まづ、「正字正かな」です。なんとなく、いはゆる「旧字旧かな」を意味してゐるやうな気がするのですが、自信がありません。
調べてみたら、「言葉 言葉 言葉」内の「『言葉 言葉 言葉』における國語關係の用語集」の、さ行に「正字正かな」が定義されてゐるのを発見しました。ですが、この用語集には下記のやうに明記されてゐます。
- サイト制作者である野嵜の獨自の用語を定義してゐる定義集である爲、一般的な用途での利用・引用は避けて下さい。
どうも、「言葉 言葉 言葉」に無関係の人が気軽に使ふのは、問題があるやうです。
もう少し探してみたら、「『正字正かなポータル』について」の特記事項のところに、もう少し細かい記述がありました。
概念としては理解できたと思ひます。「正かな」は、たぶんこんな概念↓だと思ひます。歴史的仮名遣ひと対比してみました。

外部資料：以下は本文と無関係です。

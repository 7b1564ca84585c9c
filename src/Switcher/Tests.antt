-- ===== src/Switcher/Tests.antt =====
-- Runs of server/db/db_func.c and of the servers that the database names.
use net_port.Base.{
  ℕ, ◌%◌, ◌≤◌, ◌≡◌, refl, ap, inr, Bool, true, false, ◌&&◌, List, [], ◌∷◌, Option, none, some, Str,
  codes, map, ltb, ◌==◌, if◌then◌else◌, print_decimal, atoi, digits, read_digits, arith,
}
use net_port.Proxy.Dynamic.State.{Server, zero_server, named, Runtime}
use net_port.Proxy.Dynamic.Open.{
  listening, unusable, Env, server_input_init, server_output_init, init_ssl_context, fresh_socket,
  fresh_sockets,
}
use net_port.Switcher.Start.{output_stopped, path, open_sockets, init_server, start_server}
use net_port.Switcher.Start.Laws.{Serves, start_server-Serves}
use net_port.Switcher.{SwitcherServer, StatisticDb, Documented, max_u64, u64}
use net_port.Switcher.Totals.{
  persist_server_totals, raised, raise_to, or_zero, fetch_persisted_server_totals, read_pair,
  store_statistics, cleanup_old_statistics, save_server_statistics, load_server_statistics,
}
use net_port.Switcher.Rows.{rows, Listed, get_user_server_ports}
use net_port.Switcher.Rows.Laws.{Config, config, print_row, get_user_server_ports-print_row}
use net_port.Switcher.Totals.Rises.{Event, saves, cleans, apply_event, run_events}
use net_port.Switcher.Totals.Laws.{saved_totals_survive}

-- A database with the row of server 1 only, which carries out every statement with numbers below 2^64.
unfoldable one_row : ℕ × ℕ → ℕ → Option (ℕ × ℕ)
one_row d id = if id == 1 then some (d.0 % u64, d.1 % u64) else none

unfoldable print_pair : Option (ℕ × ℕ) → Option (Str × Str)
print_pair none = none
print_pair (some p) = some (print_decimal p.0, print_decimal p.1)

unfoldable greatest : ℕ × ℕ → ℕ → ℕ → ℕ → (ℕ × ℕ) × Bool
greatest d id received sent =
    if (id == 1) && ltb received u64 && ltb sent u64
    then ((max_u64 (d.0 % u64) received, max_u64 (d.1 % u64) sent), true)
    else (d, false)

abbrev small_db : StatisticDb
small_db = record {
  Store = ℕ × ℕ;
  row = one_row;
  select_totals = λ d id. print_pair (one_row d id);
  select_peak = λ d id. none;
  update_totals = greatest;
  insert_statistic = λ d id received sent count. (d, true);
  sync_totals = λ d. (d, true);
  delete_before = λ d cutoff. (d, true);
}

small_db-Documented : Documented small_db
unfolding one_row greatest print_pair max_u64
small_db-Documented = record {
  row_small = λ d id received sent here. ground (arith, here);
  select_shows = λ d id received sent here. inr (ap print_pair here);
  update_greatest =
      λ d id received sent old_received old_sent here carried. ground (arith, here, carried);
  update_refused = λ d id received sent other refused. ground (arith, refused);
  update_other = λ d id received sent other apart. ground (arith, apart);
  insert_row = λ d id received sent count other. refl;
  delete_row = λ d cutoff other. refl;
  sync_rises = λ d id received sent here. ((received, sent), here, omega arith, omega arith);
}

abbrev server_one : SwitcherServer
server_one = record {
  id = 1;
  server = zero_server;
  statistics = record {
    bytes_received = 50;
    bytes_sent = 7;
    connections_count = 2;
    last_update = 0;
  };
}

abbrev some_events : List Event
some_events = saves server_one ∷ cleans 1000 100 ∷ []

abbrev restarted : SwitcherServer
restarted = record server_one {
  statistics = record {
    bytes_received = 0;
    bytes_sent = 0;
    connections_count = 0;
    last_update = 0;
  };
}

saved_totals_survive_example :
    (50
      ≤ (load_server_statistics small_db 9
          (run_events small_db some_events (save_server_statistics small_db (40, 9) server_one).0)
          restarted).1.statistics.bytes_received)
    × (7
        ≤ (load_server_statistics small_db 9
            (run_events small_db some_events (save_server_statistics small_db (40, 9) server_one).0)
            restarted).1.statistics.bytes_sent)
unfolding one_row greatest print_pair persist_server_totals raised raise_to max_u64 or_zero
    fetch_persisted_server_totals read_pair atoi digits read_digits run_events apply_event
    save_server_statistics store_statistics cleanup_old_statistics
saved_totals_survive_example =
    saved_totals_survive small_db small_db-Documented (40, 9) server_one 40 9 9 some_events
      restarted (print_decimal 50, print_decimal 9) refl refl refl refl refl refl

abbrev two_configs : List Config
two_configs =
    record {
      id = 3;
      input_port = 6000;
      output_port = 7000;
      enable = true;
      enable_ssl = true;
      enable_input_ssl = false;
    }
    ∷ record {
      id = 4;
      input_port = 6001;
      output_port = 7001;
      enable = false;
      enable_ssl = false;
      enable_input_ssl = true;
    }
    ∷ []

abbrev nothing_listed : Listed
nothing_listed = record { servers = none; servers_count = 0 }

get_user_server_ports-print_row_example :
    (r : List SwitcherServer) × ((get_user_server_ports small_db 5 true
        (rows 6 (map print_row two_configs))
        (0, 0)
        nothing_listed).1
      ≡ record { servers = some r; servers_count = 2 })
    × ((get_user_server_ports small_db 5 true
          (rows 6 (map print_row two_configs))
          (0, 0)
          nothing_listed).2
        ≡ true)
    × (map config r ≡ two_configs)
get_user_server_ports-print_row_example =
    get_user_server_ports-print_row small_db 5 (0, 0) nothing_listed two_configs
      (
        record { id = omega arith; input_port = omega arith; output_port = omega arith },
        (record { id = omega arith; input_port = omega arith; output_port = omega arith }, tt),
      )
      (omega arith) (omega arith)

-- The input socket of the server cannot be bound.
abbrev half_open : Env
half_open = record {
  ends = record { input_ends = true; output_ends = true };
  input_opened = unusable 5;
  output_opened = listening 6;
  malloc_ok = true;
  realloc_ok = true;
  input_runs = true;
  output_runs = true;
  accepts = λ fd. true;
  certs = none;
  new_ctx = some 77;
  count_socket_thread = 2;
}

abbrev tls_server : Server
tls_server = record zero_server {
  enable = true;
  input_port = 6000;
  output_port = 7000;
  enable_output_ssl = true;
}

abbrev paths : Option Str
paths = some (codes "server.pem")

abbrev served : Runtime
served = record {
  local_sockets = fresh_socket ∷ fresh_socket ∷ [];
  server = record tls_server {
    input = some 5;
    output = some 6;
    is_output_enabled = true;
    is_output_running = true;
    ssl_ctx = some 77;
    cert_file = codes "server.pem";
    key_file = codes "server.pem";
  };
}

start_server-Serves_example : Serves half_open served.server
unfolding start_server init_server open_sockets server_input_init server_output_init
    init_ssl_context path named fresh_sockets
start_server-Serves_example =
    start_server-Serves half_open half_open paths paths tls_server served refl

-- The thread of the input still has the memory that is freed when the output thread does not run.
output_thread_fails :
    start_server
      (record half_open { output_runs = false })
      (record tls_server { is_input_enabled = true; is_output_enabled = true })
    ≡ output_stopped (record tls_server {
      is_input_enabled = true;
      is_output_enabled = true;
      is_input_running = true;
    })
unfolding start_server
output_thread_fails = refl
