-- ===== src/Client/Geoip/Rules.antt =====
-- Which addresses the networks of a loaded file contain, and what makes a file fail.
use echo_proxy_core.Base.{
  ◌≡◌, refl, subst, Bool, false, ◌||◌, Option, none, some, List, [], ◌∷◌, ◌++◌, arith, Bytes,
  length, any, any-append, Result, ok, err, Outcome, Outcome-then,
}
use mathlib.Core.List.{flat_map}
use echo_proxy_core.Text.{CaseMap}
use echo_proxy_core.Net.{IpAddr}
use echo_proxy_core.Client.Geoip.{
  IpNetApi, GeoIpError, io, decode, tag_not_found, invalid_cidr, Cidr, Entry, to_net, to_nets,
  find_entry, nets_of_tags, load_geoip_dat,
}
use echo_proxy_core.Client.Geoip.Ranges.{tagged, find_entry-first, range_of, to_net-range_of}

module _ (net : IpNetApi) where
  -- What is at fault in a range: its length is neither 4 nor 16, or ipnet refuses its prefix.
  abbrev pub cidr_faults : Cidr → List GeoIpError
  cidr_faults c = elim (range_of net c) [ none ↦ invalid_cidr (length c.ip) ∷ [] | some n ↦ [] ]

  abbrev pub entry_faults : Bytes → Option Entry → List GeoIpError
  entry_faults tag none = tag_not_found tag ∷ []
  entry_faults tag (some e) = flat_map cidr_faults e.cidrs

  -- All faults of a file, in the order of the tags and of the ranges under each.
  abbrev pub file_faults :
      CaseMap
      → (Bytes → Result Bytes (List Entry))
      → List Bytes
      → Result Bytes Bytes
      → List GeoIpError
  file_faults cm decode_file tags (err e) = io e ∷ []
  file_faults cm decode_file tags (ok bytes) = elim (decode_file bytes) [
    | err e ↦ decode e ∷ []
    | ok list ↦ flat_map (λ tag. entry_faults tag (tagged cm tag list)) tags
  ]

  -- Whether a range contains the address, an entry does, or one of the tags' entries.
  abbrev pub cidr_contains : IpAddr → Cidr → Bool
  cidr_contains ip c = elim (range_of net c) [ none ↦ false | some n ↦ net.contains n ip ]

  abbrev pub entry_contains : IpAddr → Option Entry → Bool
  entry_contains ip none = false
  entry_contains ip (some e) = any (cidr_contains ip) e.cidrs

  abbrev pub file_contains :
      CaseMap
      → (Bytes → Result Bytes (List Entry))
      → List Bytes
      → Result Bytes Bytes
      → IpAddr
      → Bool
  file_contains cm decode_file tags (err e) ip = false
  file_contains cm decode_file tags (ok bytes) ip = elim (decode_file bytes) [
    | err e ↦ false
    | ok list ↦ any (λ tag. entry_contains ip (tagged cm tag list)) tags
  ]

  abbrev pub contained : IpAddr → List net.IpNet → Bool
  contained ip nets = any (λ n. net.contains n ip) nets

  to_net-Outcome :
      (ip : IpAddr) (c : Cidr)
      → Outcome (λ n. net.contains n ip ≡ cidr_contains ip c) (cidr_faults c) (to_net net c)
  to_net-Outcome ip c =
      rw (to_net-range_of net c)
        (elim (range_of net c)
          as (λ o.
            Outcome (λ n. net.contains n ip ≡ elim o [ none ↦ false | some x ↦ net.contains x ip ])
              (elim o [ none ↦ invalid_cidr (length c.ip) ∷ [] | some x ↦ [] ])
              (elim o [ none ↦ err (invalid_cidr (length c.ip)) | some x ↦ ok x ])) [
                | none ↦ refl
                | some x ↦ refl
              ])

  to_nets-Outcome :
      (ip : IpAddr) (cs : List Cidr) (nets : List net.IpNet)
      → Outcome
          (λ ns. contained ip ns ≡ (contained ip nets || any (cidr_contains ip) cs))
          (flat_map cidr_faults cs)
          (to_nets net cs nets)
  unfolding to_nets flat_map
  to_nets-Outcome ip [] nets = ground arith
  to_nets-Outcome ip (c ∷ cs) nets =
      Outcome-then _ _ (cidr_faults c) _ (to_net net c) (λ n. to_nets net cs (nets ++ n ∷ []))
        (to_net-Outcome ip c)
        (λ n e.
          subst
            (λ b.
              Outcome (λ ns. contained ip ns ≡ b) (flat_map cidr_faults cs)
                (to_nets net cs (nets ++ n ∷ [])))
            (ground (arith, e, any-append (λ n. net.contains n ip) nets (n ∷ [])))
            (to_nets-Outcome ip cs (nets ++ n ∷ [])))

  -- What the tags' entries add to the networks so far.
  abbrev tag_contains : CaseMap → List Entry → IpAddr → Bytes → Bool
  tag_contains cm list ip tag = entry_contains ip (tagged cm tag list)

  abbrev tag_faults : CaseMap → List Entry → Bytes → List GeoIpError
  tag_faults cm list tag = entry_faults tag (tagged cm tag list)

  nets_of_tags-Outcome :
      (cm : CaseMap) (list : List Entry) (ip : IpAddr) (tags : List Bytes) (nets : List net.IpNet)
      → Outcome
          (λ ns. contained ip ns ≡ (contained ip nets || any (tag_contains cm list ip) tags))
          (flat_map (tag_faults cm list) tags)
          (nets_of_tags net cm list tags nets)
  unfolding nets_of_tags flat_map
  nets_of_tags-Outcome cm list ip [] nets = ground arith
  nets_of_tags-Outcome cm list ip (tag ∷ tags) nets =
      subst
        (λ o.
          Outcome
            (λ ns.
              contained ip ns
              ≡ (contained ip nets || (entry_contains ip o || any (tag_contains cm list ip) tags)))
            (entry_faults tag o ++ flat_map (tag_faults cm list) tags)
            (nets_of_tags net cm list (tag ∷ tags) nets))
        (find_entry-first net cm tag list)
        (elim (find_entry net cm tag list)
          as (λ o.
            Outcome
              (λ ns. contained ip ns ≡ (
                contained ip nets || (entry_contains ip o || any (tag_contains cm list ip) tags)))
              (entry_faults tag o ++ flat_map (tag_faults cm list) tags)
              (elim o [
                | none ↦ err (tag_not_found tag)
                | some entry ↦ elim (to_nets net entry.cidrs nets) [
                  | ok nets' ↦ nets_of_tags net cm list tags nets'
                  | err e ↦ err e
                ]
              ])) [
                | none ↦ refl
                | some entry ↦
                    Outcome-then _ _ (flat_map cidr_faults entry.cidrs) _
                      (to_nets net entry.cidrs nets) (nets_of_tags net cm list tags)
                      (to_nets-Outcome ip entry.cidrs nets)
                      (λ nets' e.
                        subst
                          (λ b.
                            Outcome (λ ns. contained ip ns ≡ b) (flat_map (tag_faults cm list) tags)
                              (nets_of_tags net cm list tags nets'))
                          (ground (arith, e)) (nets_of_tags-Outcome cm list ip tags nets'))
              ])

  -- Loading a file fails with the first of its faults: it cannot be read or decoded, a tag has no entry,
  -- or a range under a tag has neither 4 nor 16 bytes, or a prefix whose low eight bits ipnet refuses.
  -- Without a fault the networks contain exactly the addresses that a range under one of the tags
  -- contains, by its bytes in their order and the low eight bits of its prefix. What is under a tag is
  -- the first entry whose country code is the tag, both in upper case.
  pub load_geoip_dat-Outcome :
      (cm : CaseMap) (file : Result Bytes Bytes) (decode_file : Bytes → Result Bytes (List Entry))
      (tags : List Bytes) (ip : IpAddr)
      → Outcome
          (λ nets. contained ip nets ≡ file_contains cm decode_file tags file ip)
          (file_faults cm decode_file tags file)
          (load_geoip_dat net cm file decode_file tags)
  unfolding load_geoip_dat
  load_geoip_dat-Outcome cm (err e) decode_file tags ip = refl
  load_geoip_dat-Outcome cm (ok bytes) decode_file tags ip =
      elim (decode_file bytes)
        as (λ r.
          Outcome
            (λ nets.
              contained ip nets
              ≡ elim r [ err e ↦ false | ok list ↦ any (tag_contains cm list ip) tags ])
            (elim r [ err e ↦ decode e ∷ [] | ok list ↦ flat_map (tag_faults cm list) tags ])
            (elim r [ err e ↦ err (decode e) | ok list ↦ nets_of_tags net cm list tags [] ])) [
              | err e ↦ refl
              | ok list ↦ nets_of_tags-Outcome cm list ip tags []
            ]
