-- ===== src/Client/Config/RuleFile.antt =====
-- One rule file of the configuration, against its faults and what it says.
use echo_proxy_core.Base.{
  ◌≡◌, ap, Bool, true, false, ◌&&◌, Option, none, some, List, [], ◌∷◌, map, Bytes, if◌then◌else◌,
  Result, ok, err, or_default, Outcome,
}
use echo_proxy_core.Client.Config.{Exit, default_tags, load_rules}

-- The faults that end the program: those of a file that the configuration names.
abbrev pub required_faults :
    {E : Type 0} → (E → Exit) → (Bytes → List E) → Option (Bytes × Bool) → List Exit
required_faults failed faults none = []
required_faults failed faults (some (path, true)) = map failed (faults path)
required_faults failed faults (some (path, false)) = []

abbrev pub is_usable : {E : Type 0} → List E → Bool
is_usable [] = true
is_usable (e ∷ es) = false

-- Whether the rules of a file apply: there is a file, it has no fault, and they say so.
abbrev pub listed : {E : Type 0} → (Bytes → List E) → (Bytes → Bool) → Option (Bytes × Bool) → Bool
listed faults says none = false
listed faults says (some (path, required)) = is_usable (faults path) && says path

module _ {E A : Type 0} (failed : E → Exit) (nothing : A) (load : Bytes → List Bytes → Result E A)
    (tags : Option (List Bytes)) (faults : Bytes → List E) (says : Bytes → Bool)
    (value : A → Bool) where
  of_file :
      (path : Bytes) (required : Bool) (fs : List E) (r : Result E A)
      → value nothing ≡ false
      → Outcome (λ a. value a ≡ says path) fs r
      → Outcome
          (λ a. value a ≡ (is_usable fs && says path))
          (if required then map failed fs else [])
          (elim r [ ok a ↦ ok a | err e ↦ if required then err (failed e) else ok nothing ])
  of_file path true [] (ok a) n h = h
  of_file path true [] (err e) n h = elim h [ ]
  of_file path true (f ∷ fs) (ok a) n h = elim h [ ]
  of_file path true (f ∷ fs) (err e) n h = ap failed h
  of_file path false [] (ok a) n h = h
  of_file path false [] (err e) n h = elim h [ ]
  of_file path false (f ∷ fs) (ok a) n h = elim h [ ]
  of_file path false (f ∷ fs) (err e) n h = n

  pub load_rules-Outcome :
      (file : Option (Bytes × Bool))
      → value nothing ≡ false
      → ((path : Bytes)
          → Outcome
              (λ a. value a ≡ says path)
              (faults path)
              (load path (or_default tags default_tags)))
      → Outcome
          (λ a. value a ≡ listed faults says file)
          (required_faults failed faults file)
          (load_rules failed nothing load file tags)
  unfolding load_rules
  load_rules-Outcome none n h = n
  load_rules-Outcome (some (path, true)) n h =
      of_file path true (faults path) (load path (or_default tags default_tags)) n (h path)
  load_rules-Outcome (some (path, false)) n h =
      of_file path false (faults path) (load path (or_default tags default_tags)) n (h path)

- 現状、実質的には、「正仮名遣ひ」と「歴史的仮名遣ひ」は同一と考へて問題ない。
- 概念としては、「正仮名遣ひ」と「歴史的仮名遣ひ」は異なる。
- 「正仮名遣ひ」は、矛盾のない体系を持つ仮名遣ひのことである。長年の研究により、「歴史的仮名遣ひ」が、これに該当することが(矛盾のない体系を持つ仮名遣ひであることが)わかつてきてゐる。今後の研究によつては、「歴史的仮名遣ひ」の体系にも矛盾が見つかるかもしれない。その場合は、「歴史的仮名遣ひ」は「正仮名遣ひ」に該当しなくなる。
- 「歴史的仮名遣ひ」は、「現代かなづかい」が用ゐられる前に実際に運用されてゐた、実在する仮名遣ひである。体系的かどうか、正当かどうかはともかく、実在してしまつてゐる。今後の研究によつて「歴史的仮名遣ひ」の体系に致命的な矛盾が発見され、「正仮名遣ひ」に該当しなくなつたとしても、「歴史的仮名遣ひ」は「歴史的仮名遣ひ」のままである。
- ひとことに「歴史的仮名遣ひ」と言つても、実際には長い歴史の中で絶えず改変されてゐる。さういふ改変を許容する懐の広さも含めて「歴史的仮名遣ひの体系」と考へるべきである。従つて、よほどのことがない限り、「歴史的仮名遣ひ」は「正仮名遣ひ」であり続けると思はれる。
「正字」は、たぶんこんな感じ↓。漢字分野で用ゐられる「正字(正字体)」と対比してみました。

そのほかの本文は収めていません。